じーん。としてくるなぁ。いのちをそまつにしちゃいけないなぁ、と思ってしまうよ。生きのこるのが少ないから、いっぱい生む。これも自然界のやくそくごとなのかもしれないね。どうだい?
そういう世界に生きてるんだよ。ボクたちも。
ハリヨに言われる。「あなたたちもそうですよ」。
このことばは重いね。じつはこの「ふたり」も多くの兄弟がなくなっていく中で、たまたまそだっていったき(・)せき(・・)のようないのちを持っていることに気づく。
【わき水】
「とまることなく、わきつづけるわき水」
ボクは、これってイメージだよな、と思う。このわき水はきっと「いのち」をあらわしているよね。次々に生まれてくるいのち。そしてなくなっていくいのち。でもつきてなくなることはない。こんこんとわいている。生きている、っていうイメージじゃないかな。
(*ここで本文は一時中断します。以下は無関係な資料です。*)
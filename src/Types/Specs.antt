-- ===== src/Types/Specs.antt =====
-- What a user asks for (`NamespaceLifecyclePolicySpec`).
-- `Selector` is the type of label selectors, which the API library interprets.
use app_lifecycle_kubernetes.Base.{ℕ, String, Bool, true, false, Option}
use app_lifecycle_kubernetes.Types.Configs.{
  TerminationGracePeriodConfig, StartupNodeReadinessPolicy, AdaptiveThrottlingConfig,
  PreConditionsConfig,
}

pub data LifecycleAction : Type 0 where
  freeze resume : LifecycleAction
  other : String → LifecycleAction

pub data StartupPolicy : Type 0 where
  ignore resume freeze : StartupPolicy
  other : String → StartupPolicy

-- A label selector, by its written form.
pub record LabelSelector : Type 0 where
  pub text : String

pub record Spec : Type 0 where
  pub target_namespace : String
  pub selector : Option LabelSelector
  pub action : LifecycleAction
  pub operation_id : String
  pub startup_policy : StartupPolicy
  pub balance_pods : Bool
  pub balance_window_seconds : ℕ
  pub termination_grace_period_seconds : Option TerminationGracePeriodConfig
  pub startup_node_readiness_policy : Option StartupNodeReadinessPolicy
  pub resume_delay : ℕ
  pub resume_priority : ℕ
  pub freeze_delay : ℕ
  pub freeze_priority : ℕ
  pub adaptive_throttling : Option AdaptiveThrottlingConfig
  pub pre_conditions : Option PreConditionsConfig
  pub handle_node_failure : Bool

abbrev pub is_freeze : LifecycleAction → Bool
is_freeze LifecycleAction.freeze = true
is_freeze _ = false
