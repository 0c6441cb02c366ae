-- ===== src/Types/Statuses.antt =====
-- What the operator records about a policy (`NamespaceLifecyclePolicyStatus` and its parts).
use app_lifecycle_kubernetes.Base.{ℕ, String, Bool, true, false, Option, List}
use app_lifecycle_kubernetes.Types.Signals.{Signal}

-- `unset` is the empty text of a status that was never written.
pub data Phase : Type 0 where
  unset idle freezing frozen resuming resumed failed : Phase

pub record AdaptiveProgressStatus : Type 0 where
  pub total_workloads : ℕ
  pub resumed_workloads : ℕ
  pub current_batch_size : ℕ
  pub active_signals : List Signal
  pub last_check_time : Option ℕ
  pub message : String

pub record PreConditionsStatus : Type 0 where
  pub checking : Bool
  pub last_checked_at : Option ℕ
  pub passed : Bool
  pub message : String

-- The fields of `metav1.Condition` that the source writes; `status` is true at `ConditionTrue`.
pub record Condition : Type 0 where
  pub type : String
  pub status : Bool
  pub reason : String
  pub message : String
  pub last_transition_time : ℕ

pub record Status : Type 0 where
  pub phase : Phase
  pub last_handled_operation_id : String
  pub message : String
  pub last_startup_at : Option ℕ
  pub last_startup_action : String
  pub last_resume_at : Option ℕ
  pub startup_nodes_waited : Option ℕ
  pub startup_ready_nodes : Option ℕ
  pub adaptive_progress : Option AdaptiveProgressStatus
  pub node_ready_event_detected_at : Option ℕ
  pub node_ready_event_handled_at : Option ℕ
  pub node_failure_event_detected_at : Option ℕ
  pub node_failure_event_handled_at : Option ℕ
  pub failed_node_name : String
  pub affected_workloads : List String
  pub pending_startup_resume : Bool
  pub resume_delay_started_at : Option ℕ
  pub pending_freeze : Bool
  pub freeze_delay_started_at : Option ℕ
  pub last_freeze_at : Option ℕ
  pub pre_conditions_status : Option PreConditionsStatus
  pub conditions : List Condition

abbrev pub is_frozen : Phase → Bool
is_frozen frozen = true
is_frozen _ = false

abbrev pub is_failed : Phase → Bool
is_failed failed = true
is_failed _ = false
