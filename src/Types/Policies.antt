-- ===== src/Types/Policies.antt =====
-- The resource itself (`NamespaceLifecyclePolicy`). Its metadata are the fields of the API's
-- ObjectMeta that the source reads; `is_deleting` says that a deletion timestamp is set.
use app_lifecycle_kubernetes.Base.{ℕ, String, Bool}
use app_lifecycle_kubernetes.Base.Dict.{Dict}
use app_lifecycle_kubernetes.Types.Specs.{Spec}
use app_lifecycle_kubernetes.Types.Statuses.{Status}

pub record Metadata : Type 0 where
  pub name : String
  pub namespace : String
  pub uid : String
  pub creation_timestamp : ℕ
  pub is_deleting : Bool
  pub annotations : Dict String

pub record Policy : Type 0 where
  pub metadata : Metadata
  pub open metadata use *
  pub spec : Spec
  pub status : Status
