-- ===== src/Types.antt =====
-- The policy resource: api/v1alpha1/namespacelifecyclepolicy_types.go.
-- A text type with named constants is a data type of them. `other` is any further text, which the
-- resource's validation rules out and the code still has to answer. An int32 or int64 field that
-- validation keeps non-negative is a natural number, a duration or a time counts nanoseconds, a
-- pointer is an `Option`, and a map is a `Dict`.
mod Signals
mod Configs
mod Specs
mod Statuses
mod Policies
pub use Signals.*
pub use Configs.*
pub use Specs.*
pub use Statuses.*
pub use Policies.*
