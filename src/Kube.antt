-- ===== src/Kube.antt =====
-- The fields of the Kubernetes API objects that the source reads or writes. The types themselves are
-- the API library's. Deployments and StatefulSets have the same fields here, so one record serves.
use app_lifecycle_kubernetes.Base.{ℕ, String, Bool, true, false, Option, List}
use app_lifecycle_kubernetes.Base.Int.{ℤ}
use app_lifecycle_kubernetes.Base.Dict.{Dict}

pub data ConditionStatus : Type 0 where
  condition_true condition_false condition_unknown : ConditionStatus

abbrev pub is_true : ConditionStatus → Bool
is_true condition_true = true
is_true _ = false

abbrev pub is_false : ConditionStatus → Bool
is_false condition_false = true
is_false _ = false

pub record KubeCondition : Type 0 where
  pub type : String
  pub status : ConditionStatus
  pub reason : String
  pub message : String
  pub last_transition_time : ℕ

-- A Deployment or a StatefulSet: `replicas` is `Spec.Replicas`, `grace_period` the pod template's
-- `TerminationGracePeriodSeconds`, and the last four are of its status. A StatefulSet's available
-- replicas are not read.
pub record Workload : Type 0 where
  pub name : String
  pub namespace : String
  pub uid : String
  pub annotations : Dict String
  pub replicas : Option ℤ
  pub grace_period : Option ℤ
  pub template_annotations : Dict String
  pub ready_replicas : ℕ
  pub available_replicas : ℕ
  pub current_replicas : ℕ
  pub conditions : List KubeCondition

pub record OwnerReference : Type 0 where
  pub kind : String
  pub name : String
  pub uid : String

pub data PodPhase : Type 0 where
  pending running succeeded failed unknown : PodPhase

-- `waiting_reason` is the reason of `State.Waiting`, where that is set.
pub record ContainerStatus : Type 0 where
  pub name : String
  pub waiting_reason : Option String
  pub restart_count : ℕ

pub record Pod : Type 0 where
  pub name : String
  pub namespace : String
  pub phase : PodPhase
  pub is_deleting : Bool
  pub owner_references : List OwnerReference
  pub node_name : String
  pub conditions : List KubeCondition
  pub container_statuses : List ContainerStatus

pub record NodeAddress : Type 0 where
  pub type : String
  pub address : String

-- The taints are given by their keys. The allocatable quantities are `MilliValue()` of the CPU and `Value()` of the memory.
pub record Node : Type 0 where
  pub name : String
  pub labels : Dict String
  pub conditions : List KubeCondition
  pub addresses : List NodeAddress
  pub taints : List String
  pub allocatable_cpu : ℕ
  pub allocatable_memory : ℕ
そしてそこで「ふたり」は「考える」。「考えて、考えて、考えて……」。
このページいいよ。きみもいっしょに「考えて、考えて、考えて、……」。
そして、なにかをピーンとつかんでみよう。
考える世界だって、このわき水と同じ。ふつふつふつ、ふつふつふつ、……。たくさんわいてこないかい。
ボクのさいのうもだよ。ムフフフフフ。
【もしも】
タナゴとライギョが「もしも」を言いあう。な、考えるっていうことは「もしも」にいきつくだろう!
この「もしも」の会話はいいね。
「生まれた魚がぜんぶおとなになったら」
→ さぁてどうなるでしょう?
きみの意見を聞きたいな。
「ライギョが池の魚をぜんぶ食べてしまったら」
→ さぁてどうなるか?
これもきみの意見を聞きたい。
ここでわらい出す「ふたり」。
ね、わかったんだよ。
なにが?なにがって、へへへ、それがこの話のたいせつなところ。ま、作者からのメッセージ(つたえたいこと)だよね。
「こまる」と言っている。でもそれだけじゃない。そこに自然のおもしろさがある。「よゆう」「ゆとり」「はば」「やりつくさない」「ほどほど」……。そんなことばが、ふとうかんでくる。
つまりは、生きるということをしんけんに考えたら、生きあう、ささえあう、ということがわかってきたんだと思う。
もっともっと、大きな大きな、はば(・・)やわく(・・)で、「なかよし」の意味があるんだな。「なかよし」の意味をもっともっと広げていったらどうなる?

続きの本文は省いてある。